Records contained in a dataset
[Start of section]
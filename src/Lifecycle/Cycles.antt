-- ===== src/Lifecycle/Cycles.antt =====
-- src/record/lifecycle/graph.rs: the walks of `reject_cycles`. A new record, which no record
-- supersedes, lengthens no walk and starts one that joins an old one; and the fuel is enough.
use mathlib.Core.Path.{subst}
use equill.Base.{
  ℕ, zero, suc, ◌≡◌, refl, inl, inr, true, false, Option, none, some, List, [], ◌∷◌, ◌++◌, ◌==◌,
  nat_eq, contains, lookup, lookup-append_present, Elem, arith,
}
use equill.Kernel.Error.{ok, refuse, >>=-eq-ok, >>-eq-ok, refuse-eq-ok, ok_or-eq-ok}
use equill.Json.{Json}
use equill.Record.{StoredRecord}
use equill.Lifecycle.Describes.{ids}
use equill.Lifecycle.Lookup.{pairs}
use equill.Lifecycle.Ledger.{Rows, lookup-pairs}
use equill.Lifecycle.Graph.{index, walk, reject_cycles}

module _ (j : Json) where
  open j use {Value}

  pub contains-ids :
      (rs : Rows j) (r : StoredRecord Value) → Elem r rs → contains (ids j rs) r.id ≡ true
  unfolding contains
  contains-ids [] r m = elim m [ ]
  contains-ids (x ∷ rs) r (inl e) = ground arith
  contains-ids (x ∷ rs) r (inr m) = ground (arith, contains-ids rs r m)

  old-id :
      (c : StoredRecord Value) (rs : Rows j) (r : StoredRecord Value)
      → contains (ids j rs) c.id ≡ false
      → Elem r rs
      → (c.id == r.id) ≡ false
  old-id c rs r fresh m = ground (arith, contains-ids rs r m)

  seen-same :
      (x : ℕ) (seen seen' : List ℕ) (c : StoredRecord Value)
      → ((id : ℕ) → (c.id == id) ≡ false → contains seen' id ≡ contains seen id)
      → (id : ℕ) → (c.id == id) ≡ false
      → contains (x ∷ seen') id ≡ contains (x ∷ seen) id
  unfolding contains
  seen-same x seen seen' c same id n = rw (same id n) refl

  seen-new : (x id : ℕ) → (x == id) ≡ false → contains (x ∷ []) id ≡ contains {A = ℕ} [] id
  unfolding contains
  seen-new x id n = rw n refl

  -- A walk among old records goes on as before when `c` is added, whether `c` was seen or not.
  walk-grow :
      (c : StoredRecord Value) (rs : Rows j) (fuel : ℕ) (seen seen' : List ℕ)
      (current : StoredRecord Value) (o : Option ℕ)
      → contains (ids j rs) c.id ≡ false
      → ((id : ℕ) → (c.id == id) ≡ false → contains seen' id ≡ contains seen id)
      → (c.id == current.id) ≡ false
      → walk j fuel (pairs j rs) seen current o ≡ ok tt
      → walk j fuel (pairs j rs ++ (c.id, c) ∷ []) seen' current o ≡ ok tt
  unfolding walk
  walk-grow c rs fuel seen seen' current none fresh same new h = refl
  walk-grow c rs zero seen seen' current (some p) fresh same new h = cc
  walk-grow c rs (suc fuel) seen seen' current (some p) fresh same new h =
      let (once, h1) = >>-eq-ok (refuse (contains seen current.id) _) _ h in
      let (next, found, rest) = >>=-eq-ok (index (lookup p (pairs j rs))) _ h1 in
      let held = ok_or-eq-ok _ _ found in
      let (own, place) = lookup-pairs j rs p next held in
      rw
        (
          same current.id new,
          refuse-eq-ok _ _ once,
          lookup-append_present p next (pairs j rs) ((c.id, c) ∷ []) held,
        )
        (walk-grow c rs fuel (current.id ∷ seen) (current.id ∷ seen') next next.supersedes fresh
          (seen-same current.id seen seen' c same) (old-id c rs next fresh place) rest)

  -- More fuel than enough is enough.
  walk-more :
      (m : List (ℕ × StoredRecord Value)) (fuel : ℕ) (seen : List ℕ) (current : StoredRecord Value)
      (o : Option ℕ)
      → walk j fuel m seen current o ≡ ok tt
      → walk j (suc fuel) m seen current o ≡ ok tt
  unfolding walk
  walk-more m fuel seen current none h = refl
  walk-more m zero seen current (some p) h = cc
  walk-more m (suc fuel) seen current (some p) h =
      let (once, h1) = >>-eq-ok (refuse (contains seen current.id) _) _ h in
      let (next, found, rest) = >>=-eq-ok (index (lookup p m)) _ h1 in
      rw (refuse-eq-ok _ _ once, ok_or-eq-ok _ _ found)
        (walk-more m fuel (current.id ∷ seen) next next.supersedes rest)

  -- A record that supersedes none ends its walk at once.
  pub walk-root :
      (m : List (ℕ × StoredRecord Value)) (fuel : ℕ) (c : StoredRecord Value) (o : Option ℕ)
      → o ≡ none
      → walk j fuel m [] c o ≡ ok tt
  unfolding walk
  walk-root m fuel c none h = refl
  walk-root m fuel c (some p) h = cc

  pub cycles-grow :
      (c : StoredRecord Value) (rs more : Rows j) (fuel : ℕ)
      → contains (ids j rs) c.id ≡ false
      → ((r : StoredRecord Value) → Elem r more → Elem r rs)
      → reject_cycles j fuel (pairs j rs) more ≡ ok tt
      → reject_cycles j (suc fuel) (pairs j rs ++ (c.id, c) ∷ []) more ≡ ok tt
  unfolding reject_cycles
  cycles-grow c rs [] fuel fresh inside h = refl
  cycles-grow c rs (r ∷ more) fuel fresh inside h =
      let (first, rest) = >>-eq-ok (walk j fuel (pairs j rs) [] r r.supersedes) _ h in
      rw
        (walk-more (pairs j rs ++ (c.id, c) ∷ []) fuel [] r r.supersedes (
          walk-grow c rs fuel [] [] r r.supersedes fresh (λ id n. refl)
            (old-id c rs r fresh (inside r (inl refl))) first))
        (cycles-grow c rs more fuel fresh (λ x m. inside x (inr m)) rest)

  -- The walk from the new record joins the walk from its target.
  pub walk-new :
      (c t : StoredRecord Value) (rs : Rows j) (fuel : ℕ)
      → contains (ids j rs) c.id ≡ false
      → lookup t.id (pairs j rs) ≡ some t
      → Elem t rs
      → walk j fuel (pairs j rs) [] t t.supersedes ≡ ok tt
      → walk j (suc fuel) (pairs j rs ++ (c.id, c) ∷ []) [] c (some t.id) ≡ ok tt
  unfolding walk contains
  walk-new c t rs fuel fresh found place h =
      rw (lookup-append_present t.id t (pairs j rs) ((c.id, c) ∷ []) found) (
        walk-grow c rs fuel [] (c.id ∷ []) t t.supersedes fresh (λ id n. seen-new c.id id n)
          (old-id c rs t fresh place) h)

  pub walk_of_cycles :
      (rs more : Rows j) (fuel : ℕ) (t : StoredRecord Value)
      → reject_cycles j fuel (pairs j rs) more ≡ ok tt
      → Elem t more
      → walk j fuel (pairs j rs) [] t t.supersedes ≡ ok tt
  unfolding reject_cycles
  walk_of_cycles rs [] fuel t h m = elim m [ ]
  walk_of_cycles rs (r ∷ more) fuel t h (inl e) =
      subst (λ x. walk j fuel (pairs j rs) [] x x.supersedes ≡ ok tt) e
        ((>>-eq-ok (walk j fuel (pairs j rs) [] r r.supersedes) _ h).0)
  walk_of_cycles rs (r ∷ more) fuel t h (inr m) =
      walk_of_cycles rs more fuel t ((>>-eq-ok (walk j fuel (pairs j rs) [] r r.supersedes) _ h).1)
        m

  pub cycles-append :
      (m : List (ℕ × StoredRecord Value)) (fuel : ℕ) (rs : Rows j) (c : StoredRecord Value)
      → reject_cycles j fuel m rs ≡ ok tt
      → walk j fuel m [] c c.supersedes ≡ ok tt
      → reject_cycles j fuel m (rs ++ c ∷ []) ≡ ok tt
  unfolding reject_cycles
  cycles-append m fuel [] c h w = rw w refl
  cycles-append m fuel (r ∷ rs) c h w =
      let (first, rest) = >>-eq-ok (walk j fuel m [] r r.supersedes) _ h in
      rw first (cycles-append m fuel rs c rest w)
[End of section]
[Start of section]
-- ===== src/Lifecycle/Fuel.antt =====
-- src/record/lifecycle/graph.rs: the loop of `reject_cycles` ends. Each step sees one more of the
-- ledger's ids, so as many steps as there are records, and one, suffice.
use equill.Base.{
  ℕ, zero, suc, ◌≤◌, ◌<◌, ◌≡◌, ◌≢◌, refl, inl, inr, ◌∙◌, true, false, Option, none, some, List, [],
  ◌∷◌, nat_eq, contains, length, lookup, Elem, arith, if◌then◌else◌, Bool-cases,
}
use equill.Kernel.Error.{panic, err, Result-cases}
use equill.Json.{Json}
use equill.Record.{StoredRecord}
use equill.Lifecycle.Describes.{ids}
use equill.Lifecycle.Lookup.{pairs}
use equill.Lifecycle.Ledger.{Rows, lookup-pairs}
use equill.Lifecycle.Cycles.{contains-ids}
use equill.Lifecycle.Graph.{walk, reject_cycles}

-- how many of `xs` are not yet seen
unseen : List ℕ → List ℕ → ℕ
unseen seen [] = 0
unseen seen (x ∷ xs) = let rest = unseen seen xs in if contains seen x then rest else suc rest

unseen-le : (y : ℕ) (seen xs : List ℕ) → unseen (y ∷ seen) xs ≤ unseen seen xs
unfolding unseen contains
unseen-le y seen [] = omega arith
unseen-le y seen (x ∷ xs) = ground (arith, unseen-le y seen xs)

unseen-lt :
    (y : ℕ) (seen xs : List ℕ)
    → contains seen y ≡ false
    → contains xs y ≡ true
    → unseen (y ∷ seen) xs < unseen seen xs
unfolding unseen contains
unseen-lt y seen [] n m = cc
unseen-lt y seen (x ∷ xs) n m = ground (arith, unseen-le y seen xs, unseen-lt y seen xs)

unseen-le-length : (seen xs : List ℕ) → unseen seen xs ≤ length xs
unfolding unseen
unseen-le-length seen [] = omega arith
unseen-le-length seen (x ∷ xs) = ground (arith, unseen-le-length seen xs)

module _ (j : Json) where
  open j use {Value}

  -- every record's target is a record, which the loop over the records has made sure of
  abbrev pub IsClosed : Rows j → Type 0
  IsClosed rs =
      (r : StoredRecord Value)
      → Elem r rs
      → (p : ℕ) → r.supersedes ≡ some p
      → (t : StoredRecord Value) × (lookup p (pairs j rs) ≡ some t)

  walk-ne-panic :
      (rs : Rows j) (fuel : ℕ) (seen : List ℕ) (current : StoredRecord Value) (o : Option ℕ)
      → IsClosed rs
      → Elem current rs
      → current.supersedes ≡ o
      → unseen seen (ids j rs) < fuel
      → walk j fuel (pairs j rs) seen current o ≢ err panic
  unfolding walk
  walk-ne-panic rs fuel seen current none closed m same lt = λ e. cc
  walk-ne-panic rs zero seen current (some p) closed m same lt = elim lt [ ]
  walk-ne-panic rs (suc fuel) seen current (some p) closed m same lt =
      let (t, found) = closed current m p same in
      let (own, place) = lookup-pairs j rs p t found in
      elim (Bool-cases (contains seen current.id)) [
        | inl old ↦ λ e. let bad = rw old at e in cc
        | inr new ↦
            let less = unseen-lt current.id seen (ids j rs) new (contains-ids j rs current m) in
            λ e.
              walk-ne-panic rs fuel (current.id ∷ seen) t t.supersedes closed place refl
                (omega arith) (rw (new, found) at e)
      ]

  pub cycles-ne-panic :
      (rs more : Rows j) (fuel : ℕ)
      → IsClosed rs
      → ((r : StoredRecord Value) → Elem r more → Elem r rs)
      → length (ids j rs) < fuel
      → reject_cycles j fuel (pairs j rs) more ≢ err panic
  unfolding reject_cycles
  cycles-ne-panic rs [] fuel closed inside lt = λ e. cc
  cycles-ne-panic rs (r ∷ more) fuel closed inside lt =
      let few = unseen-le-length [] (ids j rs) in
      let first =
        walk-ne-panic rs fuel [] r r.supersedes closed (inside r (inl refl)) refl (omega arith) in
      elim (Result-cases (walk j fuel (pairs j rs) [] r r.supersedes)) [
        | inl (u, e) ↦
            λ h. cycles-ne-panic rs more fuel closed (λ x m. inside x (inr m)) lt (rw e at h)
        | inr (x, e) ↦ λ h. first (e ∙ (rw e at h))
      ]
[End of section]
■ **REQUIRED ACTION**:
Return all lines from the data that include the string "omega".

■ **EXPECTED OUTPUT**:
unseen-le y seen [] = omega arith
unseen-le-length seen [] = omega arith
                (omega arith) (rw (new, found) at e)
        walk-ne-panic rs fuel [] r r.supersedes closed (inside r (inl refl)) refl (omega arith) in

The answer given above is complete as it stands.